АВТОР: ЛЁЛЯ ТАРАСЕВИЧ
ФОТОГРАФИЯ: ОЛЬГА АГЕЕВА
Недавно мы все вместе весело похохотали над тем, как Матвей в три года уточнил у бабули, что значит матерное слово. Однако для меня, как для мамы, история была не только про поржать над детской непосредственностью, не только про восхититься бабушкиной находчивостью, но ещё и про то «а какого, собственно говоря, лешего в садике вообще звучат такие слова?» Тем более в нашем, частном, высокодуховном и морально-нравственном. Ещё и платном, естественно.
Наводящими вопросами и приёмами шпионской деятельности я быстренько выяснила, что никаких дурно воспитанных родителей в момент познания в саду не было. Как и вообще никаких чужих взрослых. То есть, по факту получалось, что таким красивым и богатым русским языком выражаются воспитатели.
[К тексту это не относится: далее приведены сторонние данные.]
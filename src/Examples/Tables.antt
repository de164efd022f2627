-- ===== src/Examples/Tables.antt =====
-- The tables of the ledger (src/qas/db.py) on concrete rows.
use qwen_autonomous_supervis.Prelude.{
  ℕ, ◌+◌, String, str_eq, ◌≡◌, refl, true, false, not, none, some, List, [], ◌∷◌, inl, ◌&&◌, arith,
  ltb, leb, find, length, select, exists, if◌then◌else◌,
}
use qwen_autonomous_supervis.Prelude.Int.{pos, ◌+ℤ◌, max_ℤ}
use qwen_autonomous_supervis.Prelude.Text.{last_chars}
use qwen_autonomous_supervis.Json.{Json, null, int, str, obj, end, field, Fields}
use qwen_autonomous_supervis.Ledger.Leases.{Lease, is_for, seconds, acquire_lease}
use qwen_autonomous_supervis.Ledger.Leases.Exclusion.{
  Call, acquire, renew, release, reap, perform_all, perform_all-find, is_busy, acquire_lease_lem,
}
use qwen_autonomous_supervis.Ledger.Events.{Event, no_details, append_event}
use qwen_autonomous_supervis.Ledger.Events.Laws.{append_event_again}
use qwen_autonomous_supervis.Ledger.Runs.{Run, starting, succeeded, finish_run}
use qwen_autonomous_supervis.Ledger.Runs.Laws.{is_open, is_open-finish_run}
use qwen_autonomous_supervis.Ledger.Failures.{Failure, failure_count, record_failure, unquarantine}
use qwen_autonomous_supervis.Ledger.Failures.Laws.{
  Report, record_all, reports_of, is_quarantined, record_all_lem, unquarantine_lem,
}
use qwen_autonomous_supervis.Ledger.Checkpoints.{
  get_checkpoint, set_checkpoint, get_checkpoint-set_checkpoint,
}
use qwen_autonomous_supervis.Ledger.Usage.{UsageQuery, usage_totals, is_row, has_model_role}
use qwen_autonomous_supervis.Ledger.Usage.Charges.{reported, counted, is_report, usage_totals_lem}
use qwen_autonomous_supervis.Ledger.Usage.Numbers.{sum_if}
use qwen_autonomous_supervis.Ledger.Usage.Collect.{is_input, is_output, is_total}
use qwen_autonomous_supervis.Ledger.Usage.Laws.{usage_totals-older}

-- A lease up to the second 10.
abbrev lease : Lease
lease = record {
  resource = "coordinator";
  owner = "a";
  issue_number = none;
  acquired_at = 0;
  heartbeat_at = 0;
  expires_epoch = 10000000;
}

abbrev calls : List (ℕ × Call)
calls =
    (1, acquire "coordinator" "b" 600 none)
    ∷ (2, renew "coordinator" "b" 600)
    ∷ (3, release "coordinator" "b")
    ∷ (4, reap)
    ∷ []

perform_all-find_example : find (is_for "coordinator") (perform_all calls (lease ∷ [])) ≡ some lease
perform_all-find_example =
    perform_all-find calls lease (lease ∷ [])
      ((omega arith, refl), ((omega arith, refl), ((omega arith, refl), ((omega arith, refl), tt))))
      refl

acquire_lease_lem_example :
    ((acquire_lease "coordinator" "b" 5 11000000 600 none (lease ∷ [])).0
      ≡ not (exists (is_busy "coordinator" 11000000) (lease ∷ [])))
    × (if (acquire_lease "coordinator" "b" 5 11000000 600 none (lease ∷ [])).0
        then find
            (is_for "coordinator")
            (acquire_lease "coordinator" "b" 5 11000000 600 none (lease ∷ [])).1
          ≡ some (record {
            resource = "coordinator";
            owner = "b";
            issue_number = none;
            acquired_at = 5;
            heartbeat_at = 5;
            expires_epoch = 11000000 + seconds 600;
          })
        else (acquire_lease "coordinator" "b" 5 11000000 600 none (lease ∷ [])).1 ≡ lease ∷ [])
acquire_lease_lem_example = acquire_lease_lem "coordinator" "b" 5 11000000 600 none (lease ∷ [])

-- The charge of a coordinator's call.
abbrev charge : Fields
charge =
    field "role" (str "coordinator")
      (field "issue_number" null (field "usage" (obj (field "input_tokens" (int (pos 7)) end)) end))

abbrev event : ℕ → String → String → Json → Event
event id kind tick payload = record {
  id = id;
  timestamp = id;
  kind = kind;
  run_id = some "r";
  tick_id = some tick;
  state = none;
  operation_key = some kind;
  payload = payload;
}

abbrev charged : List Event
charged = event 1 "model_usage" "t" (obj charge) ∷ []

abbrev everything : UsageQuery
everything = record { since = none; tick_id = none; issue_number = none }

usage_totals-older_example :
    usage_totals everything (event 2 "coordinator_completed" "t" (obj charge) ∷ charged)
    ≡ usage_totals everything charged
unfolding is_row has_model_role
usage_totals-older_example =
    usage_totals-older everything (event 2 "coordinator_completed" "t" (obj charge)) charged refl
      refl refl

abbrev newer : Event
newer = event 2 "model_usage" "u" (obj charge)

usage_totals_lem_example :
    let ns = reported (counted everything (newer ∷ charged)) in
    let totals = usage_totals everything (newer ∷ charged) in
    (totals.input_tokens ≡ sum_if is_input ns)
    × (totals.output_tokens ≡ sum_if is_output ns)
    × (totals.total_tokens ≡ max_ℤ (sum_if is_total ns) (sum_if is_input ns +ℤ sum_if is_output ns))
    × (totals.model_calls ≡ length (counted everything (newer ∷ charged)))
    × (select is_report (counted (record everything { issue_number = none }) (newer ∷ charged))
        ≡ select is_report (select (is_row everything) (newer ∷ charged)))
usage_totals_lem_example = usage_totals_lem everything (newer ∷ charged)

abbrev run : Run
run = record {
  run_id = "r";
  tick_id = "t";
  kind = "coordinator";
  status = starting;
  pid = none;
  session_id = none;
  started_at = 1;
  heartbeat_at = 1;
  finished_at = none;
  exit_code = none;
  reason = none;
  output_path = "out";
}

is_open-finish_run_example :
    is_open "r" (finish_run 5 "r" succeeded (pos 0) "completed" (run ∷ []))
    ≡ (if str_eq "r" "r" then false else is_open "r" (run ∷ []))
is_open-finish_run_example =
    is_open-finish_run 5 "r" "r" "completed" succeeded (pos 0) (run ∷ []) (inl refl)

abbrev failure : Failure
failure = record {
  fingerprint = "f";
  operation = "coordinator_tick";
  count = 2;
  first_seen = 1;
  last_seen = 2;
  quarantined = false;
  evidence = "e";
  scope = "work";
  issue_number = none;
}

unquarantine_lem_example :
    (is_quarantined "f" (unquarantine 9 "f" (failure ∷ [])).1
      ≡ (if str_eq "f" "f" then false else is_quarantined "f" (failure ∷ [])))
    × (failure_count "f" (unquarantine 9 "f" (failure ∷ [])).1 ≡ (
        if str_eq "f" "f" && is_quarantined "f" (failure ∷ [])
        then 0
        else failure_count "f" (failure ∷ [])))
unquarantine_lem_example = unquarantine_lem 9 "f" "f" (failure ∷ [])

abbrev report : Report
report = record {
  at = 3;
  fingerprint = "f";
  operation = "coordinator_tick";
  evidence = "e";
  scope = "work";
  issue_number = none;
}

-- The failure reported once more, which reaches the threshold.
abbrev held : Failure
held = record failure { count = 3; last_seen = 3; quarantined = true }

record_all_lem_example :
    (failure_count "f" (held ∷ [])
      ≡ failure_count "f" (failure ∷ []) + reports_of "f" (report ∷ []))
    × (is_quarantined "f" (held ∷ []) ≡ (
        if ltb 0 (reports_of "f" (report ∷ []))
        then leb 3 (failure_count "f" (held ∷ []))
        else is_quarantined "f" (failure ∷ [])))
unfolding record_all record_failure last_chars
record_all_lem_example = record_all_lem 3 (report ∷ []) "f" (failure ∷ []) (held ∷ []) refl

get_checkpoint-set_checkpoint_example :
    get_checkpoint "a" (set_checkpoint 1 "a" (int (pos 3)) [])
    ≡ (if str_eq "a" "a" then int (pos 3) else get_checkpoint "a" [])
get_checkpoint-set_checkpoint_example = get_checkpoint-set_checkpoint 1 "a" "a" (int (pos 3)) []

append_event_again_example :
    append_event 9 "b"
      (record no_details { operation_key = some "x" })
      (append_event 5 "a" (record no_details { operation_key = some "x" }) charged).1
    ≡ (none, (append_event 5 "a" (record no_details { operation_key = some "x" }) charged).1)
append_event_again_example =
    append_event_again 5 9 "a" "b" "x" (record no_details { operation_key = some "x" })
      (record no_details { operation_key = some "x" }) charged refl refl
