-- ===== src/Process.antt =====
-- src/qas/process.py: the supervision of an agent's process. `Log` models its output file and the
-- backups, `Run` the loop over its messages.
pub mod Events
pub mod Log
pub mod Run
Или хотя бы один из них. Ну ещё административный персонал, на худой конец.
Все наши сотрудники были исключительно милы, до приторности вежливы и вообще легко могли составить ансамбль «Небесные ласточки». Подозревать было некого, а значит под подозрением были все.
О чем я, недолго думая, и рассказала ведущему педагогу. Это должность такая звучная, а по факту там шустрая 25-летняя девчонка, правда, с отличным образованием и прекрасным отношением к детям. И всё равно — девчонка. Особенно с моего-то, 29-летнего на тот момент пьедестала.
Рассказала я это в достаточно наезжающей форме, что в моем понимании соответствовало масштабам надвигающейся катастрофы, где у сына за плечами уже практически маячили четыре ходки и два побега. После такого-то сада.
Педагог долго слушала, резюмировала мой поток сознания тем, что, конечно же, я имею право на такие бурные эмоции, и обещала разобраться. Удовлетворённая выполненной миссией заботливой матери, я положила трубку и уселась ждать.
Я уж не знаю точно, как я представляла процесс «разобраться», но была удивлена, что отчета о проделанной работе не было ни через 10 минут, ни через час, ни даже на следующее утро.
Забирать сына поехала сама, так как душа требовали хлеба и зрелищ. А точнее крови и показательных казней. Ладно-ладно, четвертование сегодня можете заменить на повешание. Или стойте, лучше давайте розгами, хочу слышать крики раскаяния.
Педагог вышла ко мне невозмутимая, как скала.
— Да, Лёля, мы вчера поговорили об этом на пед. собрании.
— Кто-кто этот презренный человек? — возопила я, — Кто посмел нарушить эту обитель взращивания человеков такими гадкими словами?
Ну то есть, кого именно вы собираетесь уволить? Или уже вчера уволили? Вы же не планируете оставлять его прикасаться к нашим хрустальным детям своими запачканными кровью руками?
Однако оказалось, что личности не выясняли, а просто рассказали об инциденте и настоятельно попросили сделать выводы.
— И всё? — задохнулась я.
— Лёль, ну давайте начистоту. Вы хотите результата, чтобы больше этого не повторялось? Или шоу с салютами?
— Шоу, разумеется! — ответила бы я, но была слишком растеряна, поэтому согласилась на первый вариант.
— А если результат, то, поверьте, он будет. Мы можем устраивать дознания и заставить людей доносить друг на друга. Что повредит атмосфере в коллективе и скажется на детях в том числе. А можем просто рассказать, что нецензурная лексика была услышана, запомнена, донесена до родителей и так далее. Вы же понимаете, что человек, который это сказал, поймёт, что речь о нем. И сделает выводы.
Я кивнула по инерции и ушла осознавать.
Осознавать, что 25-летняя шустрая всё-таки не зря ведущий педагог.
Осознавать, что наказание не всегда путь к результату.
Осознавать, что истина порой сложнее моей отдельно взятой правды.
Осознавать, что детский сад может воспитывать не только сопливых трёхлеток, но и не менее сопливых их родителей.
Осознавать, что ещё многое в жизни придётся осознавать.